The connections you make are crystal clear, and to my knowledge entirely new. Absolutely fascinating.

What I doubt is the connection to Samuel the Lamanite; and I doubt it for two reasons:

First, if the reader were ultimately supposed to relate this to Samuel, the connection could be made clear--e.g., by allusions back to this text in the Samuel story.

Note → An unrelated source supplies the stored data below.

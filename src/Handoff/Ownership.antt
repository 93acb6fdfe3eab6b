-- ===== src/Handoff/Ownership.antt =====
-- Lemmas on handoff/handoff-manager.ts: ownership over histories of calls.
use openzigs_social.Prelude.{
  ℕ, String, true, false, Option, none, some, List, [], ◌∷◌, ◌++◌, ◌≡◌, ◌≢◌, refl, ap, sym, ◌∙◌,
  inl, inr, arith, str_eq, eq_iff, includes, Bool-cases,
}
use openzigs_social.Prelude.Maps.{get, get-set, set-IsMap, IsMap}
use openzigs_social.Handoff.Manager.{
  ai, human, Registration, HandoffManager, new_manager, includes_str, is_human_owned, owner,
  registered_count, abort, add, or_empty, enroll, register, unregister, abort_all, emit_change,
  take_over, release, Call, register_call, unregister_call, abort_call, take_over_call,
  release_call, step, run,
}
use openzigs_social.Handoff.Drafts.{
  prune-IsLess, abort-IsQuieter, abort_all_lem, includes_str-snoc, includes_str-keep, IsQuieter,
}

-- A thread that a human owns has no registered controller.
abbrev pub IsFree : HandoffManager → Type 0
IsFree m =
    IsMap m.controllers × ((t : String) → is_human_owned t m ≡ true → get t m.controllers ≡ none)

quieter-IsFree : (m m' : HandoffManager) → IsQuieter m m' → IsFree m → IsFree m'
unfolding is_human_owned
quieter-IsFree m m' q (w, free) = (
  q.controllers.table w,
  λ t h. q.controllers.gone t w (free t (ap (includes_str t) (sym q.owned) ∙ h)),
)

enroll-IsFree :
    (t : String) (c : ℕ) (m : HandoffManager)
    → is_human_owned t m ≡ false
    → IsFree m
    → IsFree (enroll t c m)
unfolding enroll is_human_owned
enroll-IsFree t c m away (w, free) = (
  set-IsMap t _ m.controllers w,
  λ j h. elim (Bool-cases (str_eq t j)) [
    | inl hit ↦ cc (ap (λ x. includes_str x m.human_owned) ((eq_iff t j).0 hit), h, away)
    | inr miss ↦ get-set t j _ m.controllers ∙ rw miss (free j h)
  ],
)

take_over-IsFree :
    (now : ℕ) (t : String) (reason : Option String) (m : HandoffManager)
    → IsFree m
    → IsFree (step (take_over_call now t reason) m)
unfolding step take_over emit_change is_human_owned
take_over-IsFree now t reason m (w, free) =
    let m' = abort_all t m in
    let (quiet, clear, all') = abort_all_lem t m in
    let (w', free') = quieter-IsFree m m' quiet (w, free) in
    elim (Bool-cases (str_eq t "")) [
      | inl bad ↦ rw bad (w, free)
      | inr good ↦ elim (Bool-cases (is_human_owned t m')) [
        | inl owned ↦ rw (good, owned) (w', free')
        | inr away ↦
            rw (good, away)
              (
                w',
                λ j h. elim (Bool-cases (str_eq t j)) [
                  | inl hit ↦ ap (λ k. get k m'.controllers) (sym ((eq_iff t j).0 hit)) ∙ clear w
                  | inr miss ↦ free' j (sym (includes_str-snoc j t m'.human_owned miss) ∙ h)
                ],
              )
      ]
    ]

release-IsFree :
    (now : ℕ) (t : String) (reason : Option String) (m : HandoffManager)
    → IsFree m
    → IsFree (step (release_call now t reason) m)
unfolding step release emit_change is_human_owned
release-IsFree now t reason m (w, free) = elim (Bool-cases (str_eq t "")) [
  | inl bad ↦ rw bad (w, free)
  | inr good ↦ elim (Bool-cases (is_human_owned t m)) [
    | inl owned ↦ rw (good, owned) (w, λ j h. free j (includes_str-keep j _ m.human_owned h))
    | inr away ↦ rw (good, away) (w, free)
  ]
]

unregister-IsQuieter : (r : Registration) (m : HandoffManager) → IsQuieter m (unregister r m)
unfolding unregister
unregister-IsQuieter r m = record {
  owned = refl;
  controllers = prune-IsLess r.thread_id r.controller m.controllers;
  aborted = λ c h. h;
}

step-IsFree : (c : Call) (m : HandoffManager) → IsFree m → IsFree (step c m)
unfolding step register
step-IsFree (register_call t c) m f = elim (Bool-cases (str_eq t "")) [
  | inl bad ↦ rw bad f
  | inr good ↦ elim (Bool-cases (is_human_owned t m)) [
    | inl owned ↦ rw (good, owned) (quieter-IsFree m (abort c m) (abort-IsQuieter c m) f)
    | inr away ↦ rw (good, away) (enroll-IsFree t c m away f)
  ]
]
step-IsFree (unregister_call r) m f = quieter-IsFree m _ (unregister-IsQuieter r m) f
step-IsFree (abort_call c) m f = quieter-IsFree m _ (abort-IsQuieter c m) f
step-IsFree (take_over_call now t reason) m f = take_over-IsFree now t reason m f
step-IsFree (release_call now t reason) m f = release-IsFree now t reason m f

run-IsFree : (cs : List Call) (m : HandoffManager) → IsFree m → IsFree (run cs m)
unfolding run
run-IsFree [] m f = f
run-IsFree (c ∷ cs) m f = run-IsFree cs (step c m) (step-IsFree c m f)

new_manager-IsFree : IsFree new_manager
unfolding IsMap is_human_owned
new_manager-IsFree = (tt, λ t h. cc)

free-count :
    (t : String) (m : HandoffManager)
    → IsFree m
    → is_human_owned t m ≡ true
    → registered_count t m ≡ 0
unfolding registered_count
free-count t m (w, free) owned = rw (free t owned) refl

owner-owned : (t : String) (m : HandoffManager) → owner t m ≡ human → is_human_owned t m ≡ true
unfolding owner
owner-owned t m h = elim (Bool-cases (is_human_owned t m)) [
  | inl owned ↦ owned
  | inr away ↦ cc (rw away at h)
]

owned-owner : (t : String) (m : HandoffManager) → is_human_owned t m ≡ true → owner t m ≡ human
unfolding owner
owned-owner t m h = rw h refl

abort-aborted : (c : ℕ) (m : HandoffManager) → includes c (abort c m).aborted ≡ true
unfolding abort
abort-aborted c m = elim (Bool-cases (includes c m.aborted)) [
  | inl old ↦ rw old old
  | inr new ↦ rw new (ground arith)
]

register-owned :
    (t : String) (c : ℕ) (m : HandoffManager)
    → t ≢ ""
    → is_human_owned t m ≡ true
    → let m' = step (register_call t c) m in
      (register t c m ≡ some (none, m'))
      × (includes c m'.aborted ≡ true)
      × (is_human_owned t m' ≡ true)
unfolding step register is_human_owned
register-owned t c m named owned = elim (Bool-cases (str_eq t "")) [
  | inl bad ↦ elim (named ((eq_iff t "").0 bad)) [ ]
  | inr good ↦
      rw (good, owned)
        (refl, abort-aborted c m, ap (includes_str t) ((abort-IsQuieter c m).owned) ∙ owned)
]

-- After any history of calls on a new manager, a thread that a human owns has no registered
-- controller; and if its id is not empty, registering a controller for it is refused, aborts
-- that controller, and leaves the thread owned by the human with none registered.
pub registered_count-run :
    (cs : List Call) (t : String) (c : ℕ)
    → t ≢ ""
    → owner t (run cs new_manager) ≡ human
    → let m = run cs new_manager in
      let m' = step (register_call t c) m in
      (registered_count t m ≡ 0)
      × (register t c m ≡ some (none, m'))
      × (includes c m'.aborted ≡ true)
      × (owner t m' ≡ human)
      × (registered_count t m' ≡ 0)
registered_count-run cs t c named h =
    let m = run cs new_manager in
    let free = run-IsFree cs new_manager new_manager-IsFree in
    let owned = owner-owned t m h in
    let (refused, aborted, same) = register-owned t c m named owned in
    (
      free-count t m free owned,
      refused,
      aborted,
      owned-owner t _ same,
      free-count t _ (step-IsFree (register_call t c) m free) same,
    )

includes_str-last : (t : String) (ts : List String) → includes_str t (ts ++ t ∷ []) ≡ true
includes_str-last t [] = rw ((eq_iff t t).1 refl) refl
includes_str-last t (s ∷ ts) = ground (arith, includes_str-last t ts)

take_over-owner :
    (now : ℕ) (t : String) (reason : Option String) (m : HandoffManager)
    → t ≢ ""
    → let m' = step (take_over_call now t reason) m in
      (is_human_owned t m' ≡ true) × (m'.aborted ≡ (abort_all t m).aborted)
unfolding step take_over emit_change is_human_owned
take_over-owner now t reason m named =
    let m' = abort_all t m in
    elim (Bool-cases (str_eq t "")) [
      | inl bad ↦ elim (named ((eq_iff t "").0 bad)) [ ]
      | inr good ↦ elim (Bool-cases (is_human_owned t m')) [
        | inl owned ↦ rw (good, owned) (owned, refl)
        | inr away ↦ rw (good, away) (includes_str-last t m'.human_owned, refl)
      ]
    ]

-- After any history of calls on a new manager, taking over a thread whose id is not empty makes
-- it owned by a human, leaves it no registered controller, and aborts every controller that was
-- registered for it.
pub take_over_lem :
    (cs : List Call) (now : ℕ) (t : String) (reason : Option String)
    → t ≢ ""
    → let m = run cs new_manager in
      let m' = step (take_over_call now t reason) m in
      (owner t m' ≡ human)
      × (registered_count t m' ≡ 0)
      × ((c : ℕ)
          → includes c (or_empty (get t m.controllers)) ≡ true
          → includes c m'.aborted ≡ true)
unfolding owner registered_count
take_over_lem cs now t reason named =
    let m = run cs new_manager in
    let (owned, same) = take_over-owner now t reason m named in
    let (quiet, clear, all') = abort_all_lem t m in
    (
      rw owned refl,
      rw
          ((take_over-IsFree now t reason m (run-IsFree cs new_manager new_manager-IsFree)).1 t
            owned)
          refl,
      λ c h. ap (includes c) same ∙ all' c h,
    )

includes-last : (c : ℕ) (cs : List ℕ) → includes c (cs ++ c ∷ []) ≡ true
includes-last c [] = ground arith
includes-last c (d ∷ cs) = ground (arith, includes-last c cs)

includes-add : (c : ℕ) (cs : List ℕ) → includes c (add c cs) ≡ true
includes-add c cs = elim (Bool-cases (includes c cs)) [
  | inl old ↦ rw old old
  | inr new ↦ rw new (includes-last c cs)
]

-- A controller that is already aborted, registered for a thread whose id is not empty and that
-- the AI owns, stays registered when it is aborted again.
register-aborted :
    (t : String) (c : ℕ) (m : HandoffManager)
    → t ≢ ""
    → owner t m ≡ ai
    → includes c m.aborted ≡ true
    → let m' = step (abort_call c) (step (register_call t c) m) in
      includes c (or_empty (get t m'.controllers)) ≡ true
unfolding step register enroll abort owner
register-aborted t c m named away old =
    let m' = enroll t c m in
    elim (Bool-cases (str_eq t "")) [
      | inl bad ↦ elim (named ((eq_iff t "").0 bad)) [ ]
      | inr good ↦ elim (Bool-cases (is_human_owned t m)) [
        | inl owned ↦ cc (rw owned at away)
        | inr ai' ↦
            rw (good, ai', old)
              (rw (get-set t t _ m.controllers) (rw ((eq_iff t t).1 refl) (includes-add c _)))
      ]
    ]
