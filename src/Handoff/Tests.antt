-- ===== src/Handoff/Tests.antt =====
-- A human takes over a thread with a draft in flight.
use openzigs_social.Prelude.{
  ℕ, String, true, none, some, List, [], ◌∷◌, ◌≡◌, ◌≢◌, refl, includes, eq_iff,
}
use openzigs_social.Prelude.Maps.{get, set, remove}
use openzigs_social.Handoff.Manager.{
  ai, human, HandoffManager, new_manager, is_human_owned, owner, registered_count, prune, prune_all,
  abort, or_empty, enroll, register, abort_each, abort_all, emit_change, take_over, Call,
  register_call, take_over_call, run, step,
}
use openzigs_social.Handoff.Ownership.{registered_count-run, take_over_lem}

abbrev t1 : String
t1 = "t1"

abbrev history : List Call
history = register_call t1 7 ∷ take_over_call 50 t1 none ∷ register_call t1 8 ∷ []

taken : owner t1 (run history new_manager) ≡ human
unfolding run step register take_over is_human_owned owner enroll get set remove abort_all
    abort_each abort prune_all prune emit_change
taken = refl

named : t1 ≢ ""
named e = cc ((eq_iff t1 "").1 e)

registered_count-run_example :
    let m = run history new_manager in
    let m' = step (register_call t1 9) m in
    (registered_count t1 m ≡ 0)
    × (register t1 9 m ≡ some (none, m'))
    × (includes 9 m'.aborted ≡ true)
    × (owner t1 m' ≡ human)
    × (registered_count t1 m' ≡ 0)
registered_count-run_example = registered_count-run history t1 9 named taken

take_over_lem_example :
    let m = run (register_call t1 7 ∷ []) new_manager in
    let m' = step (take_over_call 50 t1 none) m in
    (owner t1 m' ≡ human)
    × (registered_count t1 m' ≡ 0)
    × ((c : ℕ) → includes c (or_empty (get t1 m.controllers)) ≡ true → includes c m'.aborted ≡ true)
take_over_lem_example = take_over_lem (register_call t1 7 ∷ []) 50 t1 none named

abbrev aborted : HandoffManager
aborted = record new_manager { aborted = 9 ∷ [] }

ai_owned : owner t1 aborted ≡ ai
unfolding owner is_human_owned
ai_owned = refl
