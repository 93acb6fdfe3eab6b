-- ===== src/Oauth.antt =====
-- platform/oauth/state-store.ts: the anti-CSRF states of authorisation flows.
pub mod Store
pub mod Fewer
pub mod Replay
pub mod Issued
mod Tests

Second, the verbal parallels between the Lamoni narrative and the Annunciation have been crafted by someone familiar with the Annunciation story, which presumably makes God or Joseph Smith the one who used the parallel phrasing. Why would Joseph Smith introduce it? Would he have known of the Samuel connection? And why would God have introduced it for a modern audience who wouldn't "get it," not even now since, so far as I can see, the text doesn't establish a Samuel connection; one can only be bewilderedly speculated. It's also difficult to see the utility of this connection for the latter-day reader.

I have no idea [yet: =) ] why the connection was introduced, but I'd be very surprised if it turns out to be hinting at Samuel the Lamanite.

In any case, we owe you a debt for identifying the connection to be explained. Your readings show that the Book of Mormon is a far richer text than its critics have imagined, and I hope you long continue making and contributing your insight.